アマゾンランドからの帰り道、"条件"の通り、二人は古書店に寄った。少女行きつけであるこの店はこじんまりとしているが、品揃えがとても良かった。文学から図鑑、料理本に絶版になった漫画など見ていて飽きない程度にはあった。そんな古書達にいつもは永遠のように魅入っている少女だったが、今日は違う。

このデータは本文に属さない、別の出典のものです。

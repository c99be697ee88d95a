-- ===== src/AuditLog/Paging.antt =====
-- The pages of the audit log: `List` of backend/internal/features/audit-log/service.go.
use tunnelgate.Prelude.{
  refl, ◌+◌, ◌-◌, ◌*◌, ◌/◌, ◌≤◌, ◌<◌, ◌≡◌, ◌∙◌, ◌∷◌, ◌++◌, ℕ, zero, suc, sym, ap, Option, List, [],
  map, arith, ltb, leb, if-elim, length, take, drop, length-take, ℕ_eq, ℤ, pos, negsuc,
}
use tunnelgate.Text.{Text, text_eq}
use mathlib.Core.Path.{ap₂}
use native.Mathlib.Nat.{div-add-mod', mod-lt}
use tunnelgate.MockApi.Store.{Store}
use tunnelgate.Proxy.Services.{ShadowTarget}
use tunnelgate.AuditLog.Types.{AuditRow, Record, ListResult}
use tunnelgate.AuditLog.Log.{
  AuditTables, ensure_public_ids, scan_record, with_shadows, list, insert_newer, with_public_id,
  newest_first, page_of, total_pages_of, clamp_page,
}

-- The numbers `from`, `from + 1`, … of which there are `count`.
abbrev pub count_up : ℕ → ℕ → List ℕ
count_up zero from = []
count_up (suc count) from = from ∷ count_up count (suc from)

abbrev pub concat {ℓ} : {A : Type ℓ} → List (List A) → List A
concat [] = []
concat (xs ∷ xss) = xs ++ concat xss

module _ {ℓ} {A : Type ℓ} where
  take-nil : (n : ℕ) → take {A = A} n [] ≡ []
  take-nil zero = refl
  take-nil (suc n) = refl

  drop-nil : (n : ℕ) → drop {A = A} n [] ≡ []
  drop-nil zero = refl
  drop-nil (suc n) = refl

  take_same : {m n : ℕ} (xs : List A) → m ≡ n → take m xs ≡ take n xs
  take_same xs = ap (λ k. take k xs)

  drop_same : {m n : ℕ} (xs : List A) → m ≡ n → drop m xs ≡ drop n xs
  drop_same xs = ap (λ k. drop k xs)

  drop-drop : (m n : ℕ) (xs : List A) → drop m (drop n xs) ≡ drop (n + m) xs
  drop-drop m zero xs = drop_same xs (omega arith)
  drop-drop m (suc n) [] = drop-nil m ∙ sym (drop-nil (suc n + m))
  drop-drop m (suc n) (x ∷ xs) =
      drop-drop m n xs ∙ drop_same {m = suc (n + m)} (x ∷ xs) (omega arith)

  take-add : (m n : ℕ) (xs : List A) → take (m + n) xs ≡ take m xs ++ take n (drop m xs)
  take-add zero n xs = take_same xs (omega arith)
  take-add (suc m) n [] = take-nil (suc m + n) ∙ sym (take-nil n)
  take-add (suc m) n (x ∷ xs) =
      take_same {n = suc (m + n)} (x ∷ xs) (omega arith) ∙ ap (λ t. x ∷ t) (take-add m n xs)

  take_of_length : (n : ℕ) (xs : List A) → length xs ≤ n → take n xs ≡ xs
  take_of_length zero [] h = refl
  take_of_length zero (x ∷ xs) h = absurd (omega arith)
  take_of_length (suc n) [] h = refl
  take_of_length (suc n) (x ∷ xs) h = ap (λ t. x ∷ t) (take_of_length n xs (omega arith))

  -- Consecutive pages are a longer cut.
  concat-pages :
      (size count page : ℕ) (xs : List A)
      → concat (map (λ p. page_of size p xs) (count_up count (suc page)))
        ≡ take (count * size) (drop (page * size) xs)
  concat-pages size zero page xs = sym (take_same {n = 0} (drop (page * size) xs) (omega arith))
  concat-pages size (suc count) page xs =
      let rest = drop (page * size) xs in
      let one : page_of size (suc page) xs ≡ take size rest =
        ap (λ k. take size (drop (k * size) xs)) {x = suc page - 1} (omega arith) in
      let next : drop (suc page * size) xs ≡ drop size rest =
        drop_same {n = page * size + size} xs (grind arith)
        ∙ sym (drop-drop size (page * size) xs) in
      ap (λ p. p ++ concat (map (λ p. page_of size p xs) (count_up count (suc (suc page))))) one
      ∙ ap (λ t. take size rest ++ t)
          (concat-pages size count (suc page) xs ∙ ap (take (count * size)) next)
      ∙ sym (take-add size (count * size) rest)
      ∙ take_same {m = size + count * size} {n = suc count * size} rest (grind arith)

-- The pages hold all items, and there is at least one.
total_pages_of_covers : (total size : ℕ) → 0 < size → total ≤ total_pages_of total size * size
total_pages_of_covers total size h =
    let pages = (total + size - 1) / size in
    let enough : total ≤ pages * size =
      omega (arith, div-add-mod' (total + size - 1) size, mod-lt (total + size - 1) h) in
    if-elim (λ n. total ≤ n * size) (ltb pages 1) 1 pages
      (λ few.
        let none_left : pages * size ≡ 0 =
          ap (λ n. n * size) {y = 0} (ground arith) ∙ omega arith in
        omega arith)
      (λ many. enough)

map-count_up {ℓ} :
    {B : Type ℓ} (f g : ℕ → B) (count from : ℕ)
    → ((p : ℕ) → from ≤ p → p < from + count → f p ≡ g p)
    → map f (count_up count from) ≡ map g (count_up count from)
map-count_up f g zero from h = refl
map-count_up f g (suc count) from h =
    ap₂ ◌∷◌ (h from (omega arith) (omega arith))
      (map-count_up f g count (suc from) (λ p lo hi. h p (omega arith) (omega arith)))

map-append {ℓ κ} :
    {A : Type ℓ} {B : Type κ} (f : A → B) (xs ys : List A) → map f (xs ++ ys) ≡ map f xs ++ map f ys
map-append f [] ys = refl
map-append f (x ∷ xs) ys = ap (λ t. f x ∷ t) (map-append f xs ys)

concat-map-map {ℓ κ μ} :
    {A : Type ℓ} {B : Type κ} {C : Type μ} (f : B → C) (g : A → List B) (xs : List A)
    → concat (map (λ x. map f (g x)) xs) ≡ map f (concat (map g xs))
concat-map-map f g [] = refl
concat-map-map f g (x ∷ xs) =
    ap (λ t. map f (g x) ++ t) (concat-map-map f g xs) ∙ sym (map-append f (g x) _)

length-map {ℓ κ} :
    {A : Type ℓ} {B : Type κ} (f : A → B) (xs : List A) → length (map f xs) ≡ length xs
length-map f [] = refl
length-map f (x ∷ xs) = ap suc (length-map f xs)

length-insert_newer :
    (row : AuditRow) (rows : List AuditRow) → length (insert_newer row rows) ≡ suc (length rows)
length-insert_newer row [] = refl
length-insert_newer row (r ∷ rows) =
    if-elim (λ xs. length xs ≡ suc (suc (length rows))) (leb r.id row.id) _ _ (λ _. refl)
      (λ _. ap suc (length-insert_newer row rows))

length-newest_first : (rows : List AuditRow) → length (newest_first rows) ≡ length rows
length-newest_first [] = refl
length-newest_first (row ∷ rows) =
    length-insert_newer row (newest_first rows) ∙ ap suc (length-newest_first rows)

clamp_page_inside : (p n : ℕ) → 1 ≤ p → p ≤ n → clamp_page (pos p) n ≡ p
clamp_page_inside p n lo hi = ground arith

clamp_page_bounds : (page : ℤ) (n : ℕ) → 1 ≤ n → (1 ≤ clamp_page page n) × (clamp_page page n ≤ n)
clamp_page_bounds (pos p) n h = ground arith
clamp_page_bounds (negsuc p) n h = ground arith

total_pages_of_positive : (total size : ℕ) → 1 ≤ total_pages_of total size
total_pages_of_positive total size =
    if-elim (λ n. 1 ≤ n) (ltb ((total + size - 1) / size) 1) _ _ (λ _. omega arith)
      (λ h. ground arith)

module _ (itoa : ℕ → Text) (unmarshal_targets : Text → Option (List ShadowTarget))
    (new_id : ℕ → Text) (specs : Store) where
  abbrev pub list_of : AuditTables → ℤ → ℕ → ListResult
  list_of tables page page_size = (list itoa unmarshal_targets new_id specs tables page page_size).1

  -- All records of the log with their shadows, newest first.
  abbrev pub whole_log : AuditTables → List Record
  whole_log tables =
      let ensured = ensure_public_ids new_id tables in
      map (λ row. with_shadows ensured (scan_record itoa unmarshal_targets row))
        (newest_first ensured.audit_logs)

  -- The items of the pages from 1 to the number of pages that `list` gives are, one page after the
  -- other, the whole log with the newest record first, if the page size is positive.
  pub list-pages :
      (tables : AuditTables) (page_size : ℕ)
      → 0 < page_size
      → concat (
          map
            (λ p. (list_of tables (pos p) page_size).items)
            (count_up (list_of tables (pos 1) page_size).total_pages 1))
        ≡ whole_log tables
  unfolding list ensure_public_ids
  list-pages tables page_size h =
      let ensured = ensure_public_ids new_id tables in
      let rows = newest_first ensured.audit_logs in
      let total = length ensured.audit_logs in
      let n = total_pages_of total page_size in
      let show : AuditRow → Record =
        λ row. with_shadows ensured (scan_record itoa unmarshal_targets row) in
      ap concat (
        map-count_up _ (λ p. map show (page_of page_size p rows)) n 1
          (λ p lo hi.
            ap (λ k. map show (page_of page_size k rows)) (clamp_page_inside p n lo (omega arith))))
      ∙ concat-map-map show (λ p. page_of page_size p rows) (count_up n 1)
      ∙ ap (map show) (
          concat-pages page_size n 0 rows
          ∙ ap (take (n * page_size)) (drop_same {m = 0 * page_size} {n = 0} rows (omega arith))
          ∙ take_of_length (n * page_size) rows (
              omega (
                arith,
                length-newest_first ensured.audit_logs,
                total_pages_of_covers total page_size h,
              )))

  -- Whatever page is asked for, the page that `list` gives is between 1 and the number of pages and
  -- holds at most as many items as a page has, and the total is the number of the records.
  pub list_bounds :
      (tables : AuditTables) (page : ℤ) (page_size : ℕ)
      → (1 ≤ (list_of tables page page_size).page)
        × ((list_of tables page page_size).page ≤ (list_of tables page page_size).total_pages)
        × (length (list_of tables page page_size).items ≤ page_size)
        × ((list_of tables page page_size).total ≡ length tables.audit_logs)
  unfolding list ensure_public_ids
  list_bounds tables page page_size =
      let ensured = ensure_public_ids new_id tables in
      let n = total_pages_of (length ensured.audit_logs) page_size in
      let (lo, hi) = clamp_page_bounds page n (total_pages_of_positive _ page_size) in
      let rest = drop ((clamp_page page n - 1) * page_size) (newest_first ensured.audit_logs) in
      (
        lo,
        hi,
        omega (
          arith,
          length-map (λ row. with_shadows ensured (scan_record itoa unmarshal_targets row))
              (take page_size rest),
          length-take page_size rest,
        ),
        length-map (with_public_id new_id) tables.audit_logs,
      )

なんと、少女が店主に一年前から頼んでいた古本がついに入荷されたらしいのだ。ルンルン気分で少女は店主に話しかける。
「こんにちは、ミツおじさん」
「おやおやアイちゃん、こんにちはぁ。今日は……なんだったかなぁ」
「芥川龍之介の全集ですよ、ミツおじさん」
「あっ……そうだぁ、そうだぁ。少し奥に取ってくるから待ってねぇ」
「は、はい!分かりました」
のっそり立ち上がると、店主はサンダルの音を立てながら奥の闇へと消えていった。ただ店には静寂と古書店特有の匂いだけが残る。隣にいたはずの本条は、いつの間にか料理本コーナーを読む訳でもなしに、じぃーと見つめていた。ぼんやりその姿を眺めていると少女の視線に気付いたらしく、フンフンと手を振ってきた。もちろん、少女は何も言わずに無視をした。そんな事をしている内に店主が帰ってきた。
「はい、これぇ」
両手には表紙の大部分が禿げてはいるが、保存状態が良いらしい古本が握られていた。
「ありがとうございます!」
「それじゃあ、五百円ねぇ」
鞄から財布を取り出して、用意していた五百円を取り出そうとする。そこで異変に気付いた。お金が一円も入っていなかったのだ。額から汗が零れる。朝、確かにお金は入っていた。前野から念の為にと貰った一万円も。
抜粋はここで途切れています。